The model produces two scenarios:

Scenario A — French-language support as afterthought (current state):

  • 10,763 monthly French queries × 44% abandonment when response exceeds 2 minutes = 4,736 abandoned carts
  • Monthly lost revenue from French queries: $322,048
  • Annualized lost revenue: $3,864,576

Scenario B — True bilingual parity (sub-60-second response in both languages):

  • 10,763 monthly French queries × 18% abandonment = 1,937 abandoned carts
  • Difference vs current state: 2,799 recovered orders per month
  • Recovered monthly revenue: $190,332
  • Recovered annualized revenue: $2,283,984

The gap between these two scenarios — over $2.2 million per year for a single mid-market brand — is entirely attributable to one variable: whether the French-speaking shopper receives an answer at the same speed and quality as the English-speaking shopper.

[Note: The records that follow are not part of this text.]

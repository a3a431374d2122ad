-- ===== src/Sensors/Examples.antt =====
-- sensors-hf/CalibrationStore.cpp: a clock that moves a millisecond with each reading, files that take every
-- write, and tests.
use mathlib.Core.List.{Memᴰ}
use android_device_ikko_mind.Common.{
  ℕ, ◌+◌, ◌≡◌, refl, true, false, Bool-cases, inl, inr, if◌then◌else◌, bytes_eq_refl,
  bytes_eq_sound, Option, none, some, List, [], ◌∷◌, bytes_eq, arith, All, codes,
}
use android_device_ikko_mind.Sensors.Calibration.{
  Values, Cached, cali, SensorLayout, all_layouts, layout_for, all_zero, Host, target, written,
  write_file, write_pending, write_if_due, reported, persist_reported, persist_region, Caches, put,
  or_fresh, slots_of, region_of, persist_in, event_for, on_kernel_event, layout_of,
  persistence_pass, Event, kernel, wake, run, step, empty,
}
use android_device_ikko_mind.Sensors.Calibration.Invariant.{AllValid, IsOrder, Keeps, run-AllValid}
use android_device_ikko_mind.Sensors.Calibration.Stopped.{
  Slot, IsDisk, Synced, persistence_pass_saves,
}

record World : Type 0 where
  time : ℕ
  wrote : List Values

abbrev host : Host World
host = record {
  now_ms = λ w. (record { time = w.time + 1; wrote = w.wrote }, w.time);
  write_int_array =
      λ w path key values_. (record { time = w.time; wrote = values_ ∷ w.wrote }, true);
}

abbrev begin_ : World
begin_ = record { time = 100; wrote = [] }

-- No write of the log is all zero.
abbrev NoZeros : World → World → Type 0
NoZeros u v = All (λ x. all_zero x ≡ false) u.wrote → All (λ x. all_zero x ≡ false) v.wrote

NoZeros-IsOrder : IsOrder NoZeros
NoZeros-IsOrder = record { none_at_all = λ w h. h; one_more = λ u v w f g h. g (f h) }

host-Keeps : Keeps host NoZeros
host-Keeps = record { by_clock = λ w h. h; by_write = λ w path key values_ z h. (z, h) }

-- The bias of the accelerometer twice, the second time within two seconds, then zeros, then the end.
abbrev events : List Event
events =
    kernel 1 2 (1 ∷ 2 ∷ 3 ∷ [])
    ∷ kernel 1 2 (4 ∷ 5 ∷ 6 ∷ [])
    ∷ kernel 4 3 (0 ∷ 0 ∷ 0 ∷ [])
    ∷ wake false
    ∷ wake true
    ∷ []

run-AllValid_example :
    NoZeros begin_ (run host events begin_ empty).0 × AllValid (run host events begin_ empty).1
run-AllValid_example = run-AllValid host NoZeros NoZeros-IsOrder host-Keeps events begin_

event_test :
    (run host (kernel 1 2 (1 ∷ 2 ∷ 3 ∷ []) ∷ kernel 1 2 (4 ∷ 5 ∷ 6 ∷ []) ∷ []) begin_ empty).0.wrote
    ≡ (1 ∷ 2 ∷ 3 ∷ []) ∷ []
unfolding run step on_kernel_event layout_for event_for region_of persist_in layout_of or_fresh
    persist_region persist_reported reported write_if_due write_pending write_file written target
    put all_zero bytes_eq
event_test = refl

abbrev after_reports : World × Caches
after_reports =
    run host (kernel 1 2 (1 ∷ 2 ∷ 3 ∷ []) ∷ kernel 1 2 (4 ∷ 5 ∷ 6 ∷ []) ∷ []) begin_ empty

abbrev light : SensorLayout
light = record {
  sensor_type = 5;
  total_length = 4;
  bias_layout = record { offset = 0; size = 0 };
  cali_layout = record { offset = 0; size = 4 };
  temp_layout = record { offset = 0; size = 0 };
  name = codes "light";
  bias_file = none;
  cali_file = some (codes "als_cali.json", codes "als_cali");
}

-- Files that take every write, and a clock that does not move.
abbrev Files : Type 0
Files = List ℕ → List ℕ → Option Values

abbrev disk : Host Files
disk = record {
  now_ms = λ w. (w, 0);
  write_int_array =
      λ w path key values_. (λ p k. if bytes_eq path p then some values_ else w p k, true);
}

abbrev in_file : Files → Files
in_file w = w

disk-IsDisk : IsDisk disk in_file
disk-IsDisk = record {
  after_clock = λ w p k. refl;
  write_ok = λ w path key values_. refl;
  after_write = λ w path key values_. let e = bytes_eq_refl path in rw e refl;
  elsewhere = λ w path key values_ p k n. elim (Bool-cases (bytes_eq path p)) [
    | inl e ↦ absurd (n (bytes_eq_sound path p e))
    | inr e ↦ rw e refl
  ];
}

-- A value of the light sensor that has not been written yet.
abbrev seen : Cached
seen = record {
  values = 7 ∷ [];
  persisted_values = [];
  due_ms = 2000;
  have_value = true;
  have_persisted_value = false;
  pending = true;
}

abbrev unsaved : Caches
unsaved = put 5 cali seen empty

unsaved-Synced : (s : Slot) → Synced in_file (λ p k. none) unsaved s
unfolding put
unsaved-Synced (l, r) c p k o t b = ground arith

slots-Synced : (slots : List Slot) → All (Synced in_file (λ p k. none) unsaved) slots
slots-Synced [] = tt
slots-Synced (s ∷ rest) = (unsaved-Synced s, slots-Synced rest)

light_in_slots : Memᴰ (light, cali) (slots_of all_layouts)
unfolding slots_of
light_in_slots = Memᴰ.tail (
    Memᴰ.tail (
      Memᴰ.tail (
        Memᴰ.tail (
          Memᴰ.tail (Memᴰ.tail (Memᴰ.tail (Memᴰ.tail (Memᴰ.tail (Memᴰ.tail (Memᴰ.head refl))))))))))

persistence_pass_saves_example :
    (persistence_pass disk true (λ p k. none) unsaved).0 (codes "als_cali.json") (codes "als_cali")
    ≡ some (7 ∷ [])
unfolding put all_zero target
persistence_pass_saves_example =
    persistence_pass_saves disk in_file disk-IsDisk (λ p k. none) unsaved
      (slots-Synced (slots_of all_layouts)) (light, cali) seen (codes "als_cali.json")
      (codes "als_cali") light_in_slots refl refl refl refl
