-- ===== src/Tether.antt =====
-- The tethering offload bridge, bridges/tetheroffload.
pub mod Flow
pub mod Backend
pub mod Neighbor
pub mod Checks
pub mod Policy
pub mod Api
pub mod Events
mod Device
mod Examples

And this model is highly conservative. It does not factor in:

  • Repeat purchase value: A French-Canadian beauty shopper who has a positive first experience repurchases at rates of 32-40%. Losing them on the first query means losing 3-5 subsequent transactions.
  • Social amplification: Quebec's beauty community is tight-knit and highly active on Instagram and TikTok. A single complaint about "ils ne répondent jamais en français" spreads fast.
  • Brand trust erosion: In Quebec, French-language service is not a luxury. It is a legal expectation under Bill 96 and a cultural baseline. Failing to provide it signals that the brand does not take the market seriously.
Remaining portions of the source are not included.